Look through the entries. Copy each line that has the word "abbrev".
━━━━━━
-- ===== src/Items/Crawler/Loop.antt =====
-- The thread of the LRU crawler of memcached-1.4/items.c ends: every crawler comes to the head of its
-- list, however long locks and references keep the items alive.
use native.Mathlib.Decide.{ℕ_discrete}
use mathlib.Core.Path.{subst}
use reading_and_comprehense.Base.{
  ℕ, zero, suc, ◌+◌, ◌<◌, ◌≤◌, ◌≡◌, ◌≢◌, inl, inr, refl, sym, ap, ◌∙◌, true, false, arith, ltb,
  ◌==◌, if◌then◌else◌, Bool-cases, ==_iff,
}
use reading_and_comprehense.Assoc.Chain.{to_nat}
use reading_and_comprehense.Items.{largest_id}
use reading_and_comprehense.Items.Alloc.{Env}
use reading_and_comprehense.Items.Consistent.{count_ptr}
use reading_and_comprehense.Items.Crawler.{Crawl, enabled, crawl_class, crawl_classes, crawl_loop}
use reading_and_comprehense.Items.Crawler.Climb.{Placed, Passed, Outcome, ahead_of}
use reading_and_comprehense.Items.Crawler.Round.{crawl_class-Passed}

-- The enabled crawlers among the classes below `n`.
unfoldable pub tally : Crawl → ℕ → ℕ
tally c zero = 0
tally c (suc n) = to_nat (enabled c n) + tally c n

pub tally-le : (c : Crawl) (n : ℕ) → tally c n ≤ n
unfolding tally
tally-le c zero = omega arith
tally-le c (suc n) = ground (arith, tally-le c n)

tally_none : (c : Crawl) (n i : ℕ) → tally c n ≡ 0 → i < n → enabled c i ≡ false
unfolding tally
tally_none c zero i h lt = absurd (omega arith)
tally_none c (suc n) i h lt = ground (arith, tally_none c n i)

pub tally_same :
    (c c' : Crawl) (n : ℕ) → ((j : ℕ) → j < n → enabled c' j ≡ enabled c j) → tally c' n ≡ tally c n
unfolding tally
tally_same c c' zero same = refl
tally_same c c' (suc n) same =
    ground (arith, same n, tally_same c c' n (λ j lt. same j (omega arith)))

pub tally_off :
    (c c' : Crawl) (n i : ℕ)
    → ((j : ℕ) → j ≢ i → enabled c' j ≡ enabled c j)
    → i < n
    → enabled c i ≡ true
    → enabled c' i ≡ false
    → tally c' n + 1 ≡ tally c n
unfolding tally
tally_off c c' zero i same lt on off = absurd (omega arith)
tally_off c c' (suc n) i same lt on off = elim (Bool-cases (i == n)) [
  | inl e ↦ ground (arith, tally_same c c' n (λ j below. same j (ground arith)))
  | inr ne ↦ ground (arith, same n, tally_off c c' n i same)
]

-- crawler_count counts the enabled crawlers.
pub record Ready (c : Crawl) : Type 0 where
  pub placed : Placed c
  pub counted : c.crawlers.crawler_count ≡ tally c largest_id

pub tally_zero : (c : Crawl) (n : ℕ) → ((i : ℕ) → i < n → enabled c i ≡ false) → tally c n ≡ 0
unfolding tally
tally_zero c zero all_off = refl
tally_zero c (suc n) all_off =
    ground (arith, all_off n, tally_zero c n (λ i lt. all_off i (omega arith)))

-- Each crawler below the class `k` has less than `b` items before it, each other one at most `b`.
abbrev Within : ℕ → ℕ → Crawl → Type 0
Within b k c =
    (i : ℕ) → i < largest_id → enabled c i ≡ true → ahead_of c i < (if ltb i k then b else b + 1)

-- crawler_count is 0, no crawler is enabled and none stands in a list.
abbrev pub Ended : Crawl → Type 0
Ended c =
    (c.crawlers.crawler_count ≡ 0)
    × ((i j : ℕ)
        → i < largest_id
        → (enabled c i ≡ false) × (count_ptr (c.crawlers.crawler i) (c.store.lru j) ≡ 0))

module _ (env : Env) where
  all_same :
      (i : ℕ) (c c' : Crawl)
      → Passed i c c'
      → enabled c' i ≡ enabled c i
      → (j : ℕ) → enabled c' j ≡ enabled c j
  all_same i c c' s e j = elim (ℕ_discrete i j) [
    | yes at_i ↦ subst (λ k. enabled c' k ≡ enabled c k) at_i e
    | no ne ↦ s.same j (λ back. ne (sym back))
  ]

  class-Ready : (i : ℕ) (c : Crawl) → i < largest_id → Ready c → Ready (crawl_class env i c)
  class-Ready i c lt r =
      let c' = crawl_class env i c in
      let s = crawl_class-Passed env i c r.placed in
      record { placed = s.placed; counted = counts c' s s.outcome }
    where
      counts :
          (c' : Crawl)
          → Passed i c c'
          → Outcome i c c'
          → c'.crawlers.crawler_count ≡ tally c' largest_id
      counts c' s (inl (off, off', e)) =
          e
          ∙ r.counted
          ∙ sym (tally_same c c' largest_id (λ j below. all_same i c c' s (off' ∙ sym off) j))
      counts c' s (inr (inl (on, off', e))) = omega (
        arith,
        e,
        r.counted,
        tally-le c largest_id,
        tally_off c c' largest_id i s.same lt on off',
      )
      counts c' s (inr (inr (on, on', _, e))) =
          e
          ∙ r.counted
          ∙ sym (tally_same c c' largest_id (λ j below. all_same i c c' s (on' ∙ sym on) j))

  class-Within :
      (b i : ℕ) (c : Crawl)
      → i < largest_id
      → Ready c
      → Within b i c
      → Within b (i + 1) (crawl_class env i c)
  class-Within b i c lt r near j below on =
      let s = crawl_class-Passed env i c r.placed in
      ground (arith, s.same j, s.no_further j, s.outcome, near j)

  classes-Within :
      (b rounds i : ℕ) (c : Crawl)
      → i + rounds ≡ largest_id
      → Ready c
      → Within b i c
      → Ready (crawl_classes env rounds i c) × Within b largest_id (crawl_classes env rounds i c)
  unfolding crawl_classes
  classes-Within b zero i c e r near = (r, λ j below on. ground (arith, near j))
  classes-Within b (suc rounds) i c e r near =
      classes-Within b rounds (i + 1) (crawl_class env i c) (omega arith)
        (class-Ready i c (omega arith) r) (class-Within b i c (omega arith) r near)

  finished : (c : Crawl) → Ready c → c.crawlers.crawler_count ≡ 0 → Ended c
  finished c r e =
      let off : (i : ℕ) → i < largest_id → enabled c i ≡ false =
        (λ i lt. tally_none c largest_id i (sym r.counted ∙ e) lt) in
      (
        e,
        λ i j lt. (
          off i lt,
          elim (ℕ_discrete i j) [
            | yes same ↦
                subst (λ k. count_ptr (c.crawlers.crawler i) (c.store.lru k) ≡ 0) same
                  (r.placed.mine i ∙ ap to_nat (off i lt))
            | no ne ↦ r.placed.others i j ne
          ],
        ),
      )

  -- With fuel for more passes than there are items before any enabled crawler, the loop of the thread
  -- ends with crawler_count at 0, no crawler enabled and none left in a list.
  pub crawl_loop_ends :
      (fuel : ℕ) (c : Crawl)
      → Ready c
      → ((i : ℕ) → i < largest_id → enabled c i ≡ true → ahead_of c i < fuel)
      → Ended (crawl_loop env fuel c)
  unfolding crawl_loop
  crawl_loop_ends zero c r near = finished c r (
      r.counted
      ∙ tally_zero c largest_id (λ i lt. elim (Bool-cases (enabled c i)) [
        | inl on ↦ absurd (omega (arith, near i lt on))
        | inr off ↦ off
      ]))
  crawl_loop_ends (suc fuel) c r near = elim (Bool-cases (c.crawlers.crawler_count == 0)) [
    | inl e ↦ rw (e, crawl_loop) (finished c r ((==_iff c.crawlers.crawler_count 0).0 e))
    | inr more ↦
        let (r', near') =
          classes-Within fuel largest_id 0 c refl r (λ i lt on. ground (arith, near i)) in
        rw (more, crawl_loop)
          (crawl_loop_ends fuel (crawl_classes env largest_id 0 c) r'
            (λ i lt on. ground (arith, near' i)))
  ]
━━━━━━
SOLUTION FOR THIS EXERCISE -
abbrev Within : ℕ → ℕ → Crawl → Type 0
abbrev pub Ended : Crawl → Type 0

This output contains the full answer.